Southwest Airlines Co. (NYSE: LUV) released its first quarter 2025 financial results, revealing a net loss of $149 million.
Despite the loss, the airline achieved record-breaking operating revenues of $6.4 billion, driven by all-time high yields.
This performance sees Southwest navigating a complex economic landscape, amid a reported softening in air travel demand. The airline continues with the implementation of transformation initiatives.
Q1 Revenue Performance
Southwest delivered exceptional revenue results in Q1 2025. The airline reported record operating and passenger revenues, alongside peak yields.
Strategic revenue management and moderated capacity fueled these achievements. However, softening demand, particularly in domestic leisure travel, impacted bookings.
As Southwest relies more heavily on this segment compared to larger competitors, the weaker demand posed challenges.
The airline reduced its capacity by 1.9% year-over-year, aligning with prior guidance. Southwest also adjusted its fleet, adding 11 Boeing 737-8 aircraft while retiring 14 older planes. This left the airline with a fleet of 800 aircraft by the quarter’s end.
Operational Performance and Strategic Initiatives
Bob Jordan, Southwest’s President, CEO, and Vice Chairman, emphasized the airline’s focus on its transformation plan. “We’re operating in a dynamic economic environment, but our team remains committed to executing our strategy,” Jordan said.
Southwest outperformed its cost reduction goals and led the industry in on-time performance. Nearly all operational metrics improved compared to last year.
The airline rolled out several initiatives to boost its commercial offerings.
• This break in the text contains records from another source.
-- ===== src/Prelude/Maps.antt =====
-- Finite maps with numbers for keys (`HashMap<u32, _>`), as association lists.
use Prim.Native.Nat.{ℕ, suc}
use mathlib.Core.Path.{◌≡◌, refl, sym, ap, ◌∙◌}
use mathlib.Core.Logic.{◌≢◌, ◌⊎◌, inl, inr}
use mathlib.Core.List.{List, [], ◌∷◌}
use mathlib.Core.Option.{Option, none, some}
use native.Mathlib.Omega.{arith}
use buran.Prelude.Tests.{◌==◌, if◌then◌else◌, ==_iff, ==_refl, Bool-cases}
use buran.Prelude.Lists.{length}

abbrev pub Map {ℓ} : Type ℓ → Type ℓ
Map A = List (ℕ × A)

module _ {ℓ} {A : Type ℓ} where
  unfoldable pub get : ℕ → Map A → Option A
  get k [] = none
  get k ((j, a) ∷ m) = if k == j then some a else get k m

  unfoldable pub remove : ℕ → Map A → Map A
  remove k [] = []
  remove k ((j, a) ∷ m) = let rest = remove k m in if k == j then rest else (j, a) ∷ rest

  abbrev pub insert : ℕ → A → Map A → Map A
  insert k a m = (k, a) ∷ remove k m

  -- No key stands twice.
  abbrev pub Distinct : Map A → Type ℓ
  Distinct [] = Unit
  Distinct ((k, a) ∷ m) = (get k m ≡ none) × Distinct m

  pub get-remove : (k : ℕ) (m : Map A) → get k (remove k m) ≡ none
  unfolding get remove
  get-remove k [] = refl
  get-remove k ((j, a) ∷ m) = ground (arith, get-remove k m)

  pub get-remove_other : (k j : ℕ) (m : Map A) → k ≢ j → get k (remove j m) ≡ get k m
  unfolding get remove
  get-remove_other k j [] ne = refl
  get-remove_other k j ((i, a) ∷ m) ne = ground (arith, get-remove_other k j m ne)

  pub get-insert : (k : ℕ) (a : A) (m : Map A) → get k (insert k a m) ≡ some a
  unfolding get
  get-insert k a m = rw (==_refl k) refl

  pub get-insert_other : (k j : ℕ) (a : A) (m : Map A) → k ≢ j → get k (insert j a m) ≡ get k m
  unfolding get
  get-insert_other k j a m ne = ground (arith, get-remove_other k j m ne)

  get-remove-none : (k j : ℕ) (m : Map A) → get k m ≡ none → get k (remove j m) ≡ none
  unfolding get remove
  get-remove-none k j [] h = refl
  get-remove-none k j ((i, a) ∷ m) h = ground (arith, get-remove-none k j m, h)

  pub Distinct-remove : (k : ℕ) (m : Map A) → Distinct m → Distinct (remove k m)
  unfolding remove
  Distinct-remove k [] d = tt
  Distinct-remove k ((j, a) ∷ m) d = elim (Bool-cases (k == j)) [
    | inl e ↦ rw e (Distinct-remove k m d.1)
    | inr e ↦ rw e (get-remove-none j k m d.0, Distinct-remove k m d.1)
  ]

  pub Distinct-insert : (k : ℕ) (a : A) (m : Map A) → Distinct m → Distinct (insert k a m)
  Distinct-insert k a m d = (get-remove k m, Distinct-remove k m d)

  pub remove_absent : (k : ℕ) (m : Map A) → get k m ≡ none → remove k m ≡ m
  unfolding get remove
  remove_absent k [] h = refl
  remove_absent k ((j, a) ∷ m) h = ground (arith, remove_absent k m, h)

  -- Removing a key that is there takes one entry off.
  pub length-remove :
      (k : ℕ) (m : Map A) {a : A}
      → Distinct m
      → get k m ≡ some a
      → suc (length (remove k m)) ≡ length m
  unfolding get remove
  length-remove k [] {a} d h = absurd (cc h)
  length-remove k ((j, b) ∷ m) {a} d h = elim (Bool-cases (k == j)) [
    | inl e ↦
        let same : k ≡ j = (==_iff k j).0 e in
        rw e (ap (λ x. suc (length x)) (remove_absent k m (ap (λ i. get i m) same ∙ d.0)))
    | inr e ↦ rw e (ap suc (length-remove k m {a = a} d.1 (rw e at h)))
  ]

  pub length-insert_absent :
      (k : ℕ) (a : A) (m : Map A) → get k m ≡ none → length (insert k a m) ≡ suc (length m)
  length-insert_absent k a m h = ap (λ x. suc (length x)) (remove_absent k m h)

  pub length-insert_present :
      (k : ℕ) (a : A) (m : Map A) {b : A}
      → Distinct m
      → get k m ≡ some b
      → length (insert k a m) ≡ length m
  length-insert_present k a m {b} d h = length-remove k m {a = b} d h

  -- Where an entry of a map after an insertion comes from.
  pub get-insert-cases :
      (k j : ℕ) (a : A) (m : Map A) {b : A}
      → get k (insert j a m) ≡ some b
      → ((k ≡ j) × (a ≡ b)) ⊎ ((k ≢ j) × (get k m ≡ some b))
  get-insert-cases k j a m {b} h = elim (Bool-cases (k == j)) [
    | inl same ↦
        let e : k ≡ j = (==_iff k j).0 same in
        inl (e, cc (sym (ap (λ i. get i (insert j a m)) e ∙ get-insert j a m) ∙ h))
    | inr differs ↦
        let ne : k ≢ j = ground (arith, differs) in inr (ne, sym (get-insert_other k j a m ne) ∙ h)
  ]

  pub get-remove-cases :
      (k j : ℕ) (m : Map A) {b : A} → get k (remove j m) ≡ some b → (k ≢ j) × (get k m ≡ some b)
  get-remove-cases k j m {b} h =
      let ne : k ≢ j = λ e. cc (sym (ap (λ i. get i (remove j m)) e ∙ get-remove j m) ∙ h) in
      (ne, sym (get-remove_other k j m ne) ∙ h)
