-- ===== src/Config.antt =====
-- crates/buran-config/src: the configuration (schema.rs) and what is accepted of it. A `BTreeMap`
-- is an association list in the order of its keys; a `String` is its UTF-8 bytes.
pub mod Actions
pub mod Applications
pub mod Inline
pub mod Listeners
pub mod Loading
pub mod Quota
pub mod Substitution
pub mod Validate
mod Tests
use buran.Prelude.{
  ℕ, zero, suc, ◌+◌, ◌*◌, Bool, true, false, not, ◌&&◌, ◌||◌, Option, none, some, List, [], ◌∷◌,
  ◌++◌, ltb, leb, ◌==◌, if◌then◌else◌, Bytes, length, is_empty, bytes_eq, ◌≡◌, refl,
}

abbrev pub Dict {ℓ} : Type ℓ → Type ℓ
Dict A = List (Bytes × A)

module _ {ℓ} {A : Type ℓ} where
  unfoldable pub contains_key : Bytes → Dict A → Bool
  contains_key k [] = false
  contains_key k ((j, a) ∷ m) = bytes_eq k j || contains_key k m

unfoldable pub bytes_lt : Bytes → Bytes → Bool
bytes_lt [] [] = false
bytes_lt [] (c ∷ cs) = true
bytes_lt (b ∷ bs) [] = false
bytes_lt (b ∷ bs) (c ∷ cs) = ltb b c || (b == c && bytes_lt bs cs)

module _ {ℓ} {A : Type ℓ} where
  -- `BTreeMap::insert`.
  unfoldable pub put : Bytes → A → Dict A → Dict A
  unfolding bytes_lt
  put k a [] = (k, a) ∷ []
  put k a ((j, x) ∷ m) =
      let later = put k a m in
      if bytes_eq k j
      then (k, a) ∷ m
      else if bytes_lt k j
      then (k, a) ∷ (j, x) ∷ m
      else (j, x) ∷ later

pub data OneOrMany (A : Type 0) : Type 0 where
  one : A → OneOrMany A
  many : List A → OneOrMany A

unfoldable pub count : {A : Type 0} → OneOrMany A → ℕ
count (one a) = 1
count (many as') = length as'

pub data Processes : Type 0 where
  fixed : ℕ → Processes
  dynamic : ℕ → ℕ → ℕ → Processes
  auto : Processes

pub record Queue : Type 0 where
  pub max : ℕ
  pub timeout : ℕ

pub record Limits : Type 0 where
  pub response_timeout : ℕ
  pub task_timeout : ℕ
  pub requests : ℕ

-- The fields that validation reads; the others are passed on to the worker.
pub record Application : Type 0 where
  pub module_name : Bytes
  pub execute : List Bytes
  pub processes : Processes
  pub concurrency : Option ℕ
  pub queue : Queue
  pub limits : Limits

pub data ApplicationRef : Type 0 where
  named : Bytes → ApplicationRef
  inline : Application → ApplicationRef

pub data ServeSources : Type 0 where
  no_sources all_sources : ServeSources
  only : List Bytes → ServeSources

unfoldable pub is_enabled : ServeSources → Bool
is_enabled no_sources = false
is_enabled all_sources = true
is_enabled (only exts) = not (is_empty exts)

pub record ShareOptions : Type 0 where
  pub share : OneOrMany Bytes
  pub index : Option Bytes
  pub types : Option (OneOrMany Bytes)
  pub follow_symlinks : Option Bool
  pub serve_sources : ServeSources

pub data Share : Type 0 where
  path : Bytes → Share
  full : ShareOptions → Share

-- An action without its fallback.
pub record Terminal : Type 0 where
  pub application : Option ApplicationRef
  pub route : Option Bytes
  pub share : Option Share
  pub return_code : Option ℕ
  pub location : Option Bytes
  pub rewrite : Option Bytes
  pub response_headers : Option (Dict (Option Bytes))

-- `fallback` is a boxed action or none.
pub data Action : Type 0 where
  last : Terminal → Action
  falling_back : Terminal → Action → Action

pub record Match : Type 0 where
  pub method : Option (OneOrMany Bytes)
  pub host : Option (OneOrMany Bytes)
  pub uri : Option (OneOrMany Bytes)
  pub query : Option (OneOrMany Bytes)
  pub headers : Option (Dict (OneOrMany Bytes))
  pub arguments : Option (Dict (OneOrMany Bytes))
  pub source : Option (OneOrMany Bytes)

pub record RouteStep : Type 0 where
  pub condition : Option Match
  pub action : Action

pub record Listener : Type 0 where
  pub route : Option Bytes
  pub status : Bool

pub record HttpSettings : Type 0 where
  pub header_read_timeout : ℕ
  pub body_read_timeout : ℕ
  pub send_timeout : ℕ
  pub idle_timeout : ℕ
  pub max_body_size : ℕ
  pub min_body_rate : ℕ
  pub max_connections : ℕ
  pub websocket_idle_timeout : ℕ
  pub max_message_size : ℕ

pub record Config : Type 0 where
  pub http : HttpSettings
  pub listeners : Dict Listener
  pub routes : Dict (List RouteStep)
  pub applications : Dict Application

-- The messages of `ConfigError::Invalid`, without the path that they name.
pub data Problem : Type 0 where
  zero_setting name_collision no_listeners bad_address unknown_route exclusive_listener
        empty_listener no_steps unreachable_steps not_one_terminal unknown_application
        code_out_of_range location_without_redirect location_without_return control_in_header
        many_paths fallback_without_share sources_exposed bad_module zero_processes too_many_spare
        zero_concurrency zero_queue short_task_timeout bad_extension :
      Problem

pub data Checked (A : Type 0) : Type 0 where
  passed : A → Checked A
  invalid : Problem → Checked A

infixl 10 ◌>>=◌
abbrev pub ◌>>=◌ : {A B : Type 0} → Checked A → (A → Checked B) → Checked B
passed a >>= f = f a
invalid e >>= f = invalid e

abbrev pub require : Bool → Problem → Checked Unit
require true problem = passed tt
require false problem = invalid problem

pub require-true :
    (problem : Problem) (b : Bool) (u : Unit) → require b problem ≡ passed u → b ≡ true
require-true problem true u e = refl
require-true problem false u e = cc e

-- A chain that passed: its first part did, and the rest did with its value.
pub bind-passed :
    {A B : Type 0} (c : Checked A) (f : A → Checked B) (b : B)
    → (c >>= f) ≡ passed b
    → (a : A) × ((c ≡ passed a) × (f a ≡ passed b))
bind-passed (passed a) f b e = (a, (refl, e))
bind-passed (invalid problem) f b e = cc e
It launched Expedia as a new distribution channel and optimized its loyalty program.
Starting next month, Southwest plans to introduce basic economy fares and bag fees for most products. By Q3 2025, the airline will begin selling assigned seats and extra legroom options, with operations starting in Q1 2026.
“These changes mark a significant evolution for Southwest,” Jordan noted. “Our initiatives aim to enhance customer experience and drive financial performance, delivering value to both customers and shareholders.”

Financial Position and Capacity Adjustments
Southwest maintains a strong investment-grade balance sheet and a flexible aircraft order book with Boeing. To address market uncertainty, the airline is reducing capacity in the second half of 2025.
As a result, full-year capacity is now expected to grow by approximately 1% year-over-year, down from earlier projections.
Jordan expressed confidence in the airline’s direction. “Our people continue to demonstrate resilience and deliver exceptional hospitality,” he said. “We’re focused on controlling what we can and executing our plans effectively.”

Outlook for 2025
Given recent booking trends and macroeconomic uncertainty, Southwest opted not to reiterate its full-year 2025 or 2026 EBIT guidance.
However, the airline remains confident in its initiatives, targeting $1.8 billion in incremental EBIT contribution for 2025 and $4.3 billion for 2026.
For Q2 2025, Southwest expects unit revenues to range from flat to down 4% year-over-year, with capacity increasing by 1% to 2%. These projections reflect cautious optimism as the airline navigates a shifting demand landscape.
Southwest’s leadership is dedicated to balancing customer satisfaction with financial discipline. The airline’s ongoing transformation aims to modernize its offerings while preserving its signature hospitality.
The airline continues to weather external challenges with a clear strategy and strong operational foundation.